Testing for Claudin 18.2 is done using immunohistochemistry (IHC). The report describes how many tumour cells express the protein and how strongly they stain. If your tumour expresses Claudin 18.2, your doctor may discuss whether a Claudin 18.2–targeted therapy is available as part of your treatment plan.
After diagnosis, your medical team will use your pathology report and imaging results to plan your treatment. The team usually includes a surgeon, medical oncologist, radiation oncologist, and pathologist.
Treatment for adenocarcinoma of the stomach depends on the stage, biomarker results, and your overall health. Most patients are treated with a combination of surgery, chemotherapy, and sometimes radiation therapy. Some patients may receive chemotherapy before surgery (called neoadjuvant therapy) to shrink the tumour, while others may receive it after surgery (called adjuvant therapy) to reduce the chance of recurrence.
If your tumour is HER2-positive, Claudin 18.2–positive, or MMR-deficient, your oncologist may include targeted therapy or immunotherapy as part of your treatment plan. These therapies work by focusing on specific molecular changes within the tumour.
After treatment, you will have regular follow-up visits that include physical exams, blood work, and imaging to look for signs of recurrence. If part of your stomach is removed, your healthcare team will closely monitor your nutrition, weight, and vitamin levels and may recommend adjustments to your diet.
What histologic type and grade does my pathology report show?
How deeply has the tumour invaded the stomach wall (what is my pT stage), and have any lymph nodes been affected (what is my pN stage)?

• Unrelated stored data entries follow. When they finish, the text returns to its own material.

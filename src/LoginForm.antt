-- ===== src/LoginForm.antt =====
-- client-examples/webapp/frontend/src/login_form.js: the React component `MyForm`. This module has
-- its state and what the handlers write into it; a handler is a process (Js.Process) that ends with
-- a change of the state, or rejects.
pub mod Messages
pub mod Handlers
pub mod View
pub mod Page
pub mod Changes
pub mod Invariant
pub mod Reachable
pub mod Outcomes
pub mod Shown
use plissken.Base.{Text, codes, [], ◌++◌, Option, none, some, if◌then◌else◌}
use plissken.Json.Print.{truthy}
use plissken.Js.Process.{
  Engine, Result, ok, HttpResponse, Thrown, thrown_string, is_axios_error, response_of,
}
use plissken.Js.Template.{template}
use plissken.Sdk.Classes.{◌>>=◌}

-- The environment variables that the build puts in.
pub record Config : Type 0 where
  pub hex_encoded_plissken_server_pub_key : Text
  pub plissken_auth_endpoint : Text
  pub resource_server_endpoint : Text

-- `this.state`.
pub record FormState : Type 0 where
  pub username : Text
  pub password : Text
  pub session_token : Text
  pub info_msg : Text
  pub error_msg : Text

abbrev pub default_app_token : Text
default_app_token = codes "my-app-token"

abbrev pub no_session_token : Text
no_session_token = codes "0000000000000000000000000000000000000000000000000000000000000000"

-- The constructor.
unfoldable pub initial_state : FormState
initial_state = record {
  username = [];
  password = [];
  session_token = no_session_token;
  info_msg = [];
  error_msg = [];
}

-- What a handler does to the state when it ends, by `this.setState`.
abbrev pub Update : Type 0
Update = FormState → FormState

-- `this.setState({info_msg: m, error_msg: ""})`.
unfoldable pub show_info : Text → Update
show_info m s = record s { info_msg = m; error_msg = [] }

-- `this.setState({error_msg: m, info_msg: ""})`.
unfoldable pub show_error : Text → Update
show_error m s = record s { info_msg = []; error_msg = m }

module _ (js : Engine) where
  -- `: ${error.response.data}`, where there is any.
  unfoldable pub response_detail : Option HttpResponse → Result Text
  response_detail none = ok []
  response_detail (some r) = if truthy r.body then template js (codes ": ") r.body else ok []

  -- What a `catch` shows, with the prefix for an error of axios and that for any other.
  unfoldable pub failure : (axios_prefix prefix : Text) → Thrown → Result Text
  failure axios_prefix prefix e =
      if is_axios_error e
      then (do
        detail ← response_detail (response_of e)
        ok (axios_prefix ++ thrown_string e ++ detail))
      else ok (prefix ++ thrown_string e)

Were the surgical margins free of cancer?
Did my tumour show lymphovascular invasion or perineural invasion?
What were the results of biomarker testing for MMR, HER2, and Claudin 18.2, and how do these results affect my treatment?
Do my results suggest an inherited cancer syndrome, and should I see a genetic counsellor?
What are the recommended treatments, and in what order will they be given?
How will my response to treatment and long-term health be monitored?